Lome shook his head. "I just felt him. But he was there, baby."

"Just like before they shot us down," the policeman said quietly. "You squeezing my arm and shouting over the damn engines 'They're waiting for us, they're waiting for us!' And not a fucking thing I could do—I didn't order the assault and the Captain sure wasn't going to call it off because my machinegunner said to. But you were right, snake."

"The flames . . ." Lome whispered, his eyes unfocused.

"And you're a dumb bastard to have done it, but you carried me out of them. It never helped us a bit that you knew when the shit was about to hit the fan. But you're a damn good man to have along when it does."

Lome's muscles trembled with memory. Then he stood and laughed into the night. "You know, sarge, in twenty-seven years I've only found one job I was any good at. I didn't much like that one, and anyhow—the world doesn't seem to need killers."

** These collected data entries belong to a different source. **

-- ===== src/Executor/Steps/Records.antt =====
-- What running the steps of a job keeps: any property of the executor's state that calls of the
-- environment and log events keep.
use robine_ci.Prelude.{ℕ, Bool, false, Option, none, some, List, [], ◌∷◌}
use robine_ci.Prelude.Bytes.{Bytes}
use robine_ci.Offer.{Offer, JobStep}
use robine_ci.Run.{Run, Preserves, Preserves-pure, Preserves-if, Preserves-bind, preserves_rules}
use robine_ci.Executor.{Env, State, ContextError, Outcome}
use robine_ci.Executor.Keeping.{Numbered, Numbered-Admits, Admits}
use robine_ci.Executor.Commands.Records.{run_command-Preserves, run_builtin-Preserves}
use robine_ci.Executor.Environment.{Variables}
use robine_ci.Executor.Steps.{
  run_step, run_steps, steps_loop, one_step, after_step, skip_step, enter_step, start_step,
}

module _ {env : Env} {P : State env → Type 0} (admits : Admits P) where
  open admits use {calls, logs}

  run_step-Preserves :
      (builtin : JobStep → Run (State env) (Option Bytes)) (offer : Offer) (workspace : Bytes)
      (secrets : Variables) (position : ℕ) (step : JobStep) (condition : Bytes)
      → ((s : JobStep) → Preserves P (builtin s))
      → Preserves P (run_step builtin offer workspace secrets position step condition)
  unfolding run_step
  run_step-Preserves builtin offer workspace secrets position step condition kept =
      Preserves-if _ _ _
        (run_command-Preserves admits offer workspace secrets position step condition)
        (Preserves-if _ _ _
          (run_builtin-Preserves admits builtin offer position step condition (kept step))
          (Preserves-bind _ _ (logs _ _ _ _ _ _ _) (λ r. Preserves-pure _)))

  pub after_step-Preserves :
      (next : Bool → Bytes → Run (State env) Outcome) (failed : Bool) (reason step_reason : Bytes)
      → ((f : Bool) (r : Bytes) → Preserves P (next f r))
      → Preserves P (after_step next failed reason step_reason)
  unfolding after_step
  after_step-Preserves next failed reason step_reason kept = search (preserves_rules, kept)

  pub skip_step-Preserves :
      (offer : Offer) (next : Bool → Bytes → Run (State env) Outcome) (step : JobStep)
      (condition : Bytes) (position : ℕ) (failed : Bool) (reason : Bytes)
      → ((f : Bool) (r : Bytes) → Preserves P (next f r))
      → Preserves P (skip_step offer next step condition position failed reason)
  unfolding skip_step
  skip_step-Preserves offer next step condition position failed reason kn =
      Preserves-bind _ _ (logs _ _ _ _ _ _ _) (λ r. kn failed reason)

  enter_step-Preserves :
      (run : ℕ → JobStep → Bytes → Run (State env) Bytes)
      (next : Bool → Bytes → Run (State env) Outcome) (step : JobStep) (condition : Bytes)
      (position : ℕ) (failed : Bool) (reason : Bytes)
      → ((n : ℕ) (s : JobStep) (c : Bytes) → Preserves P (run n s c))
      → ((f : Bool) (r : Bytes) → Preserves P (next f r))
      → Preserves P (enter_step run next step condition position failed reason)
  unfolding enter_step start_step
  enter_step-Preserves run next step condition position failed reason kr kn =
      Preserves-bind _ _ (calls _) started
    where
      started :
          (e : Option ContextError)
          → Preserves P (start_step run next step condition position failed reason e)
      started (some e) = Preserves-bind _ _ (calls _) (λ e'. Preserves-pure _)
      started none =
          Preserves-bind _ _ (kr position step condition)
            (λ r. after_step-Preserves next failed reason r kn)

  one_step-Preserves :
      (run : ℕ → JobStep → Bytes → Run (State env) Bytes) (offer : Offer)
      (next : Bool → Bytes → ℕ → Run (State env) Outcome) (step : JobStep) (failed : Bool)
      (reason : Bytes) (position : ℕ)
      → ((n : ℕ) (s : JobStep) (c : Bytes) → Preserves P (run n s c))
      → ((f : Bool) (r : Bytes) (n : ℕ) → Preserves P (next f r n))
      → Preserves P (one_step run offer next step failed reason position)
  unfolding one_step
  one_step-Preserves run offer next step failed reason position kr kn =
      search (Preserves-if, kn, skip_step-Preserves, enter_step-Preserves, kr)

  steps_loop-Preserves :
      (run : ℕ → JobStep → Bytes → Run (State env) Bytes) (offer : Offer) (steps : List JobStep)
      (failed : Bool) (reason : Bytes) (position : ℕ)
      → ((n : ℕ) (s : JobStep) (c : Bytes) → Preserves P (run n s c))
      → Preserves P (steps_loop run offer steps failed reason position)
  unfolding steps_loop
  steps_loop-Preserves run offer [] failed reason position kr = Preserves-pure _
  steps_loop-Preserves run offer (step ∷ steps) failed reason position kr =
      one_step-Preserves run offer (steps_loop run offer steps) step failed reason position kr
        (λ f r n. steps_loop-Preserves run offer steps f r n kr)

  pub run_steps-Preserves :
      (builtin : JobStep → Run (State env) (Option Bytes)) (offer : Offer) (workspace : Bytes)
      (secrets : Variables)
      → ((s : JobStep) → Preserves P (builtin s))
      → Preserves P (run_steps builtin offer workspace secrets)
  run_steps-Preserves builtin offer workspace secrets kept =
      unfold run_steps in
      steps_loop-Preserves _ offer offer.execution.steps false [] 0
        (λ n s c. run_step-Preserves builtin offer workspace secrets n s c kept)

-- If the log events sent so far are numbered 1, 2, …, then so they are after the steps of a job have
-- run, those of the steps included, provided that the builtin steps keep it so.
pub run_steps-Numbered :
    {env : Env} (builtin : JobStep → Run (State env) (Option Bytes)) (offer : Offer)
    (workspace : Bytes) (secrets : Variables) (s : State env)
    → ((step : JobStep) → Preserves Numbered (builtin step))
    → Numbered s
    → Numbered (run_steps builtin offer workspace secrets s).1
run_steps-Numbered builtin offer workspace secrets s kept numbered =
    (run_steps-Preserves Numbered-Admits builtin offer workspace secrets kept).at s numbered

"They'll always need us, snake," Ben said quietly. "Some times they won't admit it." Then, "Well, I think I'll waste some more gas."

"Sarge—" The word hung in the empty darkness. There was engine noise and the tires hissing in the near distance and—nothing else. "Sarge, Mrs. Purefoy was on her porch a minute ago and she didn't go inside. But she's not there now."

Ben's five-cell flashlight slid its narrow beam across the porch: the glider, the wing-back chair. On the far railing, a row of potted violets with a gap for the one now spilled on the boards as if by someone vaulting the rail but dragging one heel. . . . 

"Didn't hear it fall," the policeman muttered, clacking open the car door. The dome light spilled a startling yellow pool across the two men. As it did so, white motion trembled half a block down Rankin Street.

"Fucker!" Ben said. "He couldn't jump across the street, he threw something so it flashed." Ben was back in the car.

Lome squinted, furious at being blinded at the critical instant. "Sarge, I'll swear to God he headed for the church." Lome strode stiffly around the front of the vehicle and got in on the passenger side.

"Mother-fuck!" the stocky policeman snarled, dropping the microphone that had three times failed to get him a response. He reached for the shift lever, looked suddenly at Lome as the slender man unclipped the shotgun. "Where d'ye think you're going?"

"With you."

Ben slipped the transmission into Drive and hung a shrieking U-turn in the empty street. "The first one's birdshot, the next four are double-ought buck," he said flatly.

Lome jacked the slide twice, chambering the first round and then shucking it out the ejector. It gleamed palely in the instrument light. "Don't think we're going after birds," he explained.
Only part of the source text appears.